A synchrotron radiation photoemission study of the oxidation of tin

Abstract

The room temperature oxidation of a tin metal foil up to O 2 exposures of 8 × 10 11 L (1 L = 10 −6 Torr · s) has been studied by synchrotron radiation photoemission spectroscopy. Valence band (VB) and Sn 4d core level energy distribution curves (EDC have been measured at photon energies of 50 and 90 eV. It resulted that the oxide film formed on tin after oxygen chemisorbtion contained Sn 2+ and Sn 4+ with relative concentrations determined by the stage of the oxidation. The VB, that at 500 L of O 2 had the characteristic profile of the SnO VB, showed at higher exposures the appearance of spectral features due to SnO 2. The analysis of the Sn4d core levels allowed us to identify the presence of a chemical shift of 0.73 ± 0.05 eV between the Sn 4+ and Sn 2+ peaks. In fact the curves obtained by subtracting the metallic contribution due to the substrate from the Sn 4d peaks measured at increasing O 2 exposure, appeared progressively shifted towards higher binding energies, because of the change in the composition of the oxide layer. Best fit curves of the previous peaks, deconvoluted using doublets of Gaussians for the Sn 2+ and Sn 4+ 4d 3 2 and 4d 5 2 spin orbit components, were used to evaluate the concentration of the two phases. Only the Sn 2+ component was found by the fitting program in the peak observed at 500 L, whereas increasing concentrations of Sn 4+ (up to 71% at 8 × 10 11 L) showed up at heavier oxidation.

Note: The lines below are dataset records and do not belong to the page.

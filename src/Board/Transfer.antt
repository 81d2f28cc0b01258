-- ===== src/Board/Transfer.antt =====
-- The loop that sends a program: eight characters make a word, and the words of a line go to
-- memory last one first. `loader.c` and `run_simple.c` have the same loop.
use rsd_m.Base.Text.{Text}
use rsd_m.Board.{strtoul16, put}
use rsd_m.Base.{ℕ, zero, suc, ◌+◌, ◌-◌, true, false, Option, none, some, ◌∷◌, ◌==◌, if◌then◌else◌}

-- The variables of the loop; `val` is the text of a number, without a terminating 0.
pub record Sending : Type 0 where
  pub i : ℕ
  pub j : ℕ
  pub k : ℕ
  pub offset : ℕ
  pub val : ℕ → ℕ
  pub mem : ℕ → ℕ

-- `strtoul` reads on behind the ten bytes of `val`; `beyond` is what stands there.
abbrev pub val_text : (ℕ → ℕ) → Text → Text
val_text val beyond =
    val 0 ∷ val 1 ∷ val 2 ∷ val 3 ∷ val 4 ∷ val 5 ∷ val 6 ∷ val 7 ∷ val 8 ∷ val 9 ∷ beyond

-- One round, behind the test of `j`.
unfoldable pub transfer_step : (ℕ → ℕ) → Text → Sending → Sending
unfolding strtoul16
transfer_step prog beyond s =
    let val = put s.val s.i (prog s.j) in
    if s.i == 9
    then record {
      i = 2;
      j = suc s.j;
      k = if s.k == 0 then 3 else s.k - 1;
      offset = if s.k == 0 then s.offset + 4 else s.offset;
      val = val;
      mem = put s.mem (s.offset + s.k) (strtoul16 (val_text val beyond));
    }
    else record s { i = suc s.i; j = suc s.j; val = val }

-- `for (;;) { if (j == program_charsize) break; ... }`, on fuel.
unfoldable pub transfer_loop : ℕ → (ℕ → ℕ) → Text → ℕ → Sending → Option Sending
unfolding transfer_step
transfer_loop zero prog beyond charsize s = none
transfer_loop (suc f) prog beyond charsize s = elim (s.j == charsize) [
  | true ↦ some s
  | false ↦ transfer_loop f prog beyond charsize (transfer_step prog beyond s)
]

-- The loop from its start. `val` holds `0x`; its other bytes are whatever they are. A round
-- takes one character, so one round more than characters is enough.
unfoldable pub transfer : (ℕ → ℕ) → Text → ℕ → (ℕ → ℕ) → (ℕ → ℕ) → Option Sending
unfolding transfer_loop
transfer prog beyond charsize garbage mem =
    transfer_loop (suc charsize) prog beyond charsize
      (record { i = 2; j = 0; k = 3; offset = 0; val = put (put garbage 0 b'0') 1 b'x'; mem = mem })
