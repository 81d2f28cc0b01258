-- ===== src/Board/Loader.antt =====
-- `loader.c`: its arguments, the lines of the file, and the image in memory.
use rsd_m.Dis.HexIn.{scan_space}
use rsd_m.Board.Transfer.{transfer, Sending}
use rsd_m.Base.Text.{Text, is_digit, peek, next}
use rsd_m.Base.Lists.{length}
use rsd_m.Board.{put}
use rsd_m.Base.{
  ℕ, zero, suc, ◌+◌, ◌-◌, ◌*◌, ◌/◌, ◌^◌, ◌==◌, ◌||◌, if◌then◌else◌, true, false, Bool, List, [],
  ◌∷◌, Option, none, some, ltb, leb,
}

-- `fgets` with room for `room` bytes: up to a newline. The rest of the file is left.
unfoldable pub read_chunk : ℕ → Text → Text × Text
read_chunk zero p = ([], p)
read_chunk (suc room) [] = ([], [])
read_chunk (suc room) (c ∷ p) = elim (c == b'\n') [
  | true ↦ (c ∷ [], p)
  | false ↦ let (got, rest) = read_chunk room p in (c ∷ got, rest)
]

-- What `fgets` puts into the buffer from index `i` on, with a 0 behind it.
unfoldable pub overlay : Text → ℕ → (ℕ → ℕ) → ℕ → ℕ
overlay [] i line = put line i 0
overlay (c ∷ p) i line = overlay p (suc i) (put line i c)

-- The array `line` has 32 bytes, and `fgets` is told 35: what it reads fits with the 0 behind it
-- up to 31 bytes. More has no behaviour in C.
abbrev pub line_size : ℕ
line_size = 32

-- `for (j = 0; j < n; j++) prog[j + i * 32] = line[j]`.
unfoldable pub copy_line : ℕ → ℕ → (ℕ → ℕ) → (ℕ → ℕ) → ℕ → ℕ
copy_line zero i line prog = prog
copy_line (suc n) i line prog = put (copy_line n i line prog) (n + i * 32) (line n)

-- How the reading loop ends: at the end of the file, behind the array `line`, or with the text.
pub data Loading : Type 0 where
  short_file overrun : Loading
  loaded : (ℕ → ℕ) → Loading

-- The rounds of the reading loop that are left.
unfoldable pub load_lines : ℕ → ℕ → Text → (ℕ → ℕ) → (ℕ → ℕ) → Loading
unfolding read_chunk overlay copy_line
load_lines zero i [] line prog = loaded prog
load_lines zero i (c ∷ p) line prog = loaded prog
load_lines (suc n) i [] line prog = short_file
load_lines (suc n) i (c ∷ p) line prog =
    let (got, rest) = read_chunk 34 (c ∷ p) in
    let line' = overlay got 0 line in
    let more = load_lines n (suc i) rest line' (copy_line 32 i line' prog) in
    if leb line_size (length got) then overrun else more

-- `i` is compared with the number of words behind the first round.
abbrev pub line_rounds : ℕ → ℕ
line_rounds words = if words == 0 then 1 else words

-- Bytes of the machine that the program does not set before it reads them.
pub record Unset : Type 0 where
  pub line : ℕ → ℕ
  pub prog : ℕ → ℕ
  pub val : ℕ → ℕ
  pub beyond : Text
  pub mem : ℕ → ℕ

-- `for (t = 0; t < n; t++) mem[t] = 0`.
abbrev pub cleared : ℕ → (ℕ → ℕ) → ℕ → ℕ
cleared n mem q = if ltb q n then 0 else mem q

pub data Outcome : Type 0 where
  usage bad_size open_error size_mismatch undefined : Outcome
  memory_set : (ℕ → ℕ) → Outcome

abbrev scan_int : ℕ → Text → ℕ
scan_int v [] = v
scan_int v (c ∷ p) = let more = scan_int (v * 10 + (c - b'0')) p in if is_digit c then more else v

-- `atoi`: a sign, and a magnitude.
unfoldable pub atoi : Text → Bool × ℕ
atoi text =
    let p = scan_space text in
    if peek p == b'-'
    then (true, scan_int 0 (next p))
    else if peek p == b'+'
    then (false, scan_int 0 (next p))
    else (false, scan_int 0 p)

abbrev pub after_transfer : Option Sending → Outcome
after_transfer none = undefined
after_transfer (some s) = memory_set s.mem

-- A line does not fit `prog`, which has three bytes more than characters, below 15 bytes.
abbrev pub after_load : Unset → ℕ → Loading → Outcome
after_load u size short_file = size_mismatch
after_load u size overrun = undefined
after_load u size (loaded prog) =
    if ltb size 15
    then undefined
    else after_transfer (transfer prog u.beyond (size * 2) u.val (cleared 67108864 u.mem))

-- With a file of that name or none, and its size as the user gives it. Sizes that are negative,
-- or whose characters an `int` cannot count, have no behaviour in C.
unfoldable pub load_file : Unset → Option Text → Bool × ℕ → Outcome
unfolding load_lines transfer
load_file u file (negative, size) = if size == 0 then bad_size else elim file [
  | none ↦ open_error
  | some text ↦
      if negative || leb (2 ^ 30) size
      then undefined
      else after_load u size (load_lines (line_rounds (size / 16)) 0 text u.line u.prog)
]

-- `main` up to the transfer. `argv[1] == "-h"` compares addresses and is never true, so `-h`
-- gets the usage by the number of arguments.
unfoldable pub loader : Unset → (Text → Option Text) → List Text → Outcome
unfolding load_file atoi
loader u files (path ∷ size ∷ []) = load_file u (files path) (atoi size)
loader u files _ = usage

Photoemission spectra, taken at different depths in the oxide layer, etched by low energy (200 eV) Ar + sputtering, showed the presence of a composition gradient; SnO 2 being an overlayer lying above a film containing mostly SnO. The thickness of the oxide film present on the tin foil dosed with 8 × 10 11 L of oxygen was evaluated to be about 17 Å.